**How to complete this task**
From the records below, output exactly the lines running from the line containing "guest_pollpri = 0x0002" through the line containing "guest_ipv6_v6only = pos 26", and no others.

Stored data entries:
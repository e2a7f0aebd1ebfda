-- ===== src/Winsock.antt =====
-- src/host_sockets_windows.rs: the sockets of the Windows build. This file has the state and the
-- conversions between the guest's constants and WinSock's; the table is the one of src/host_sockets.rs.
pub mod Host
pub mod Timeouts
pub mod Calls
pub mod Table
pub mod Changes
pub mod History
pub mod Runs
pub mod Total
pub mod Kept
pub mod Flags
pub mod Rounding
pub mod Events
use wasmtime_mysql.Prelude.{
  ℕ, ◌+◌, ◌-◌, ◌^◌, Bool, true, false, not, ◌&&◌, ◌||◌, Option, none, some, leb, ltb, if◌then◌else◌,
  ◌==ℤ◌, ◌==◌, ℤ, pos, negsuc, has_bits, neg_errno, word32, int32, bit_and, bit_or, Result, ok, err,
  ◌>>=◌, ok_or, insert, lookup,
}
use wasmtime_mysql.Errno.{
  eacces, eaddrinuse, eaddrnotavail, eafnosupport, eagain, ealready, ebadf, econnaborted,
  econnrefused, econnreset, edestaddrreq, efault, ehostunreach, einprogress, eintr, einval, eio,
  eisconn, emfile, emsgsize, enetdown, enetreset, enetunreach, enobufs, enoprotoopt, enotconn,
  enotsock, enotsup, eprotonosupport, eprototype, etimedout,
}
use wasmtime_mysql.Guest.{Bytes, checked_len, try_i32}
use wasmtime_mysql.Sockets.{HostSocketsInner, and_i32, and_not_i32, is_guest_socket_level}
use Host.{WinSock, WsaErrno}

abbrev pub wasi_alt_af_inet : ℤ
wasi_alt_af_inet = pos 1

abbrev pub wasi_alt_sock_dgram : ℤ
wasi_alt_sock_dgram = pos 5

abbrev pub wasi_alt_sock_stream : ℤ
wasi_alt_sock_stream = pos 6

abbrev pub wasi_alt_sock_cloexec : ℕ
wasi_alt_sock_cloexec = 0x2000

abbrev pub wasi_alt_sock_nonblock : ℕ
wasi_alt_sock_nonblock = 0x4000

abbrev pub guest_af_inet : ℤ
guest_af_inet = pos 2

abbrev pub guest_af_inet6 : ℤ
guest_af_inet6 = pos 10

abbrev pub guest_f_getfl : ℤ
guest_f_getfl = pos 3

abbrev pub guest_f_setfl : ℤ
guest_f_setfl = pos 4

abbrev pub guest_o_nonblock : ℤ
guest_o_nonblock = pos 4

abbrev pub guest_pollin : ℕ
guest_pollin = 0x0001

abbrev pub guest_pollpri : ℕ
guest_pollpri = 0x0002

abbrev pub guest_pollout : ℕ
guest_pollout = 0x0004

abbrev pub guest_pollerr : ℕ
guest_pollerr = 0x0008

abbrev pub guest_pollhup : ℕ
guest_pollhup = 0x0010

abbrev pub guest_pollnval : ℕ
guest_pollnval = 0x0020

abbrev pub guest_so_reuseaddr : ℤ
guest_so_reuseaddr = pos 2

abbrev pub guest_so_error : ℤ
guest_so_error = pos 4

abbrev pub guest_so_keepalive : ℤ
guest_so_keepalive = pos 9

abbrev pub guest_so_rcvtimeo : ℤ
guest_so_rcvtimeo = pos 20

abbrev pub guest_so_sndtimeo : ℤ
guest_so_sndtimeo = pos 21

abbrev pub guest_ip_tos : ℤ
guest_ip_tos = pos 1

abbrev pub guest_ipv6_v6only : ℤ
guest_ipv6_v6only = pos 26

pub record WinSocket : Type 0 where
  pub raw_socket : ℕ
  pub guest_domain : ℤ
  pub host_domain : ℤ
  pub status_flags : ℤ

abbrev pub WinSockets : Type 0
WinSockets = HostSocketsInner WinSocket

-- `HostSockets::set_status_flags`
unfoldable pub set_status_flags : ℤ → ℤ → WinSockets → Result WinSockets
set_status_flags guest_fd status_flags t = elim (lookup guest_fd t.sockets) [
  | none ↦ err ebadf
  | some socket ↦ ok (record t {
    sockets = insert guest_fd (record socket { status_flags = status_flags }) t.sockets;
  })
]

-- `NormalizedSocketType`
pub record SocketType : Type 0 where
  pub ty : ℤ
  pub nonblocking : Bool

-- MSG_PEEK is the only flag that is passed on.
unfoldable pub normalize_message_flags : ℤ → ℤ
normalize_message_flags flags = and_i32 flags (pos 0x0002)

unfoldable pub is_guest_timeout : ℤ → ℤ → Bool
unfolding is_guest_socket_level
is_guest_timeout level optname =
    is_guest_socket_level level
    && ((optname ==ℤ guest_so_rcvtimeo) || (optname ==ℤ guest_so_sndtimeo))

unfoldable pub checked_sockaddr_len : ℕ → Result ℕ
unfolding checked_len
checked_sockaddr_len value = do value ← try_i32 value einval; checked_len value

-- `events & mask != 0` of 16 bits, and `normalized |= bit` where a test holds.
abbrev pub has_event : ℕ → ℕ → Bool
has_event events mask = not (bit_and events mask == 0)

abbrev pub set_if : Bool → ℕ → ℕ → ℕ
set_if test bit normalized = if test then bit_or normalized bit else normalized

unfoldable pub socket_errno : WsaErrno → ℤ → ℤ
socket_errno wsa code =
    if code ==ℤ pos 0
    then pos 0
    else if code ==ℤ wsa.wsaeintr
    then eintr
    else if code ==ℤ wsa.wsaebadf
    then ebadf
    else if code ==ℤ wsa.wsaeacces
    then eacces
    else if code ==ℤ wsa.wsaefault
    then efault
    else if code ==ℤ wsa.wsaeinval
    then einval
    else if code ==ℤ wsa.wsaemfile
    then emfile
    else if code ==ℤ wsa.wsaewouldblock
    then eagain
    else if code ==ℤ wsa.wsaeinprogress
    then einprogress
    else if code ==ℤ wsa.wsaealready
    then ealready
    else if code ==ℤ wsa.wsaenotsock
    then enotsock
    else if code ==ℤ wsa.wsaedestaddrreq
    then edestaddrreq
    else if code ==ℤ wsa.wsaemsgsize
    then emsgsize
    else if code ==ℤ wsa.wsaeprototype
    then eprototype
    else if code ==ℤ wsa.wsaenoprotoopt
    then enoprotoopt
    else if code ==ℤ wsa.wsaeprotonosupport
    then eprotonosupport
    else if code ==ℤ wsa.wsaesocktnosupport
    then enotsup
    else if code ==ℤ wsa.wsaeopnotsupp
    then enotsup
    else if code ==ℤ wsa.wsaepfnosupport
    then eafnosupport
    else if code ==ℤ wsa.wsaeafnosupport
    then eafnosupport
    else if code ==ℤ wsa.wsaeaddrinuse
    then eaddrinuse
    else if code ==ℤ wsa.wsaeaddrnotavail
    then eaddrnotavail
    else if code ==ℤ wsa.wsaenetdown
    then enetdown
    else if code ==ℤ wsa.wsaenetunreach
    then enetunreach
    else if code ==ℤ wsa.wsaenetreset
    then enetreset
    else if code ==ℤ wsa.wsaeconnaborted
    then econnaborted
    else if code ==ℤ wsa.wsaeconnreset
    then econnreset
    else if code ==ℤ wsa.wsaenobufs
    then enobufs
    else if code ==ℤ wsa.wsaeisconn
    then eisconn
    else if code ==ℤ wsa.wsaenotconn
    then enotconn
    else if code ==ℤ wsa.wsaeshutdown
    then enotconn
    else if code ==ℤ wsa.wsaetimedout
    then etimedout
    else if code ==ℤ wsa.wsaeconnrefused
    then econnrefused
    else if code ==ℤ wsa.wsaehostdown
    then ehostunreach
    else if code ==ℤ wsa.wsaehostunreach
    then ehostunreach
    else eio

module _ (ws : WinSock) where
  unfoldable pub normalize_socket_type : ℤ → Result SocketType
  normalize_socket_type ty =
      let flag_mask =
        bit_or (bit_or (bit_or 0x0000_0800 0x0008_0000) wasi_alt_sock_cloexec)
          wasi_alt_sock_nonblock in
      let base = and_not_i32 ty (pos flag_mask) in
      let flags = and_i32 ty (pos flag_mask) in
      let nonblocking = has_bits flags (bit_or 0x0000_0800 wasi_alt_sock_nonblock) in
      if (base ==ℤ ws.sock_stream) || (base ==ℤ wasi_alt_sock_stream)
      then ok (record { ty = ws.sock_stream; nonblocking = nonblocking })
      else if (base ==ℤ ws.sock_dgram) || (base ==ℤ wasi_alt_sock_dgram)
      then ok (record { ty = ws.sock_dgram; nonblocking = nonblocking })
      else err enotsup

  unfoldable pub normalize_socket_domain : ℤ → ℤ
  normalize_socket_domain domain =
      if (domain ==ℤ wasi_alt_af_inet) || (domain ==ℤ guest_af_inet)
      then ws.af_inet
      else if (domain ==ℤ guest_af_inet6) || (domain ==ℤ pos 23)
      then ws.af_inet6
      else domain

  abbrev pub socket_optname : ℤ → ℤ
  socket_optname optname =
      if optname ==ℤ guest_so_reuseaddr
      then ws.so_reuseaddr
      else if optname ==ℤ guest_so_error
      then ws.so_error
      else if optname ==ℤ guest_so_keepalive
      then ws.so_keepalive
      else if optname ==ℤ guest_so_rcvtimeo
      then ws.so_rcvtimeo
      else if optname ==ℤ guest_so_sndtimeo
      then ws.so_sndtimeo
      else optname

  unfoldable pub normalize_socket_option : ℤ → ℤ → ℤ × ℤ
  unfolding is_guest_socket_level
  normalize_socket_option level optname =
      if is_guest_socket_level level
      then (ws.sol_socket, socket_optname optname)
      else if level ==ℤ pos 0
      then (pos 0, if optname ==ℤ guest_ip_tos then ws.ip_tos else optname)
      else if level ==ℤ pos 41
      then (pos 41, if optname ==ℤ guest_ipv6_v6only then ws.ipv6_v6only else optname)
      else (level, optname)

  unfoldable pub guest_poll_events_to_windows : ℕ → ℕ
  guest_poll_events_to_windows events = set_if (has_event events guest_pollout) ws.pollout (
      set_if (has_event events guest_pollpri) ws.pollpri
        (set_if (has_event events guest_pollin) ws.pollin 0))

  unfoldable pub windows_poll_events_to_guest : ℕ → ℕ
  windows_poll_events_to_guest events = set_if (has_event events ws.pollnval) guest_pollnval (
      set_if (has_event events ws.pollhup) guest_pollhup (
        set_if (has_event events ws.pollerr) guest_pollerr (
          set_if (has_event events ws.pollout) guest_pollout (
            set_if (has_event events ws.pollpri) guest_pollpri
              (set_if (has_event events ws.pollin) guest_pollin 0)))))

module _ (wsa : WsaErrno) (ws : WinSock) where
  open ws use {World}

  abbrev pub neg_last_socket_errno : World → ℤ
  neg_last_socket_errno w = neg_errno (socket_errno wsa (ws.last_error w))

  abbrev pub cvt_socket_i32 : ℤ × World → ℤ
  cvt_socket_i32 (rc, w) = if rc ==ℤ ws.socket_error then neg_last_socket_errno w else rc

  -- `WINSOCK`, what the first call of `WSAStartup` gave.
  abbrev pub Started : Type 0
  Started = Option (Result (Unit {0}))

  -- `get_or_init`
  abbrev pub startup_result : ℤ → Result (Unit {0})
  startup_result rc = if rc ==ℤ pos 0 then ok tt else err (socket_errno wsa rc)

  unfoldable pub ensure_winsock : Started × World → Result (Unit {0}) × (Started × World)
  ensure_winsock (some r, w) = (r, (some r, w))
  ensure_winsock (none, w) =
      let (rc, w1) = ws.startup w in (startup_result rc, (some (startup_result rc), w1))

**Reply to the exercise**
guest_pollpri = 0x0002

abbrev pub guest_pollout : ℕ
guest_pollout = 0x0004

abbrev pub guest_pollerr : ℕ
guest_pollerr = 0x0008

abbrev pub guest_pollhup : ℕ
guest_pollhup = 0x0010

abbrev pub guest_pollnval : ℕ
guest_pollnval = 0x0020

abbrev pub guest_so_reuseaddr : ℤ
guest_so_reuseaddr = pos 2

abbrev pub guest_so_error : ℤ
guest_so_error = pos 4

abbrev pub guest_so_keepalive : ℤ
guest_so_keepalive = pos 9

abbrev pub guest_so_rcvtimeo : ℤ
guest_so_rcvtimeo = pos 20

abbrev pub guest_so_sndtimeo : ℤ
guest_so_sndtimeo = pos 21

abbrev pub guest_ip_tos : ℤ
guest_ip_tos = pos 1

abbrev pub guest_ipv6_v6only : ℤ
guest_ipv6_v6only = pos 26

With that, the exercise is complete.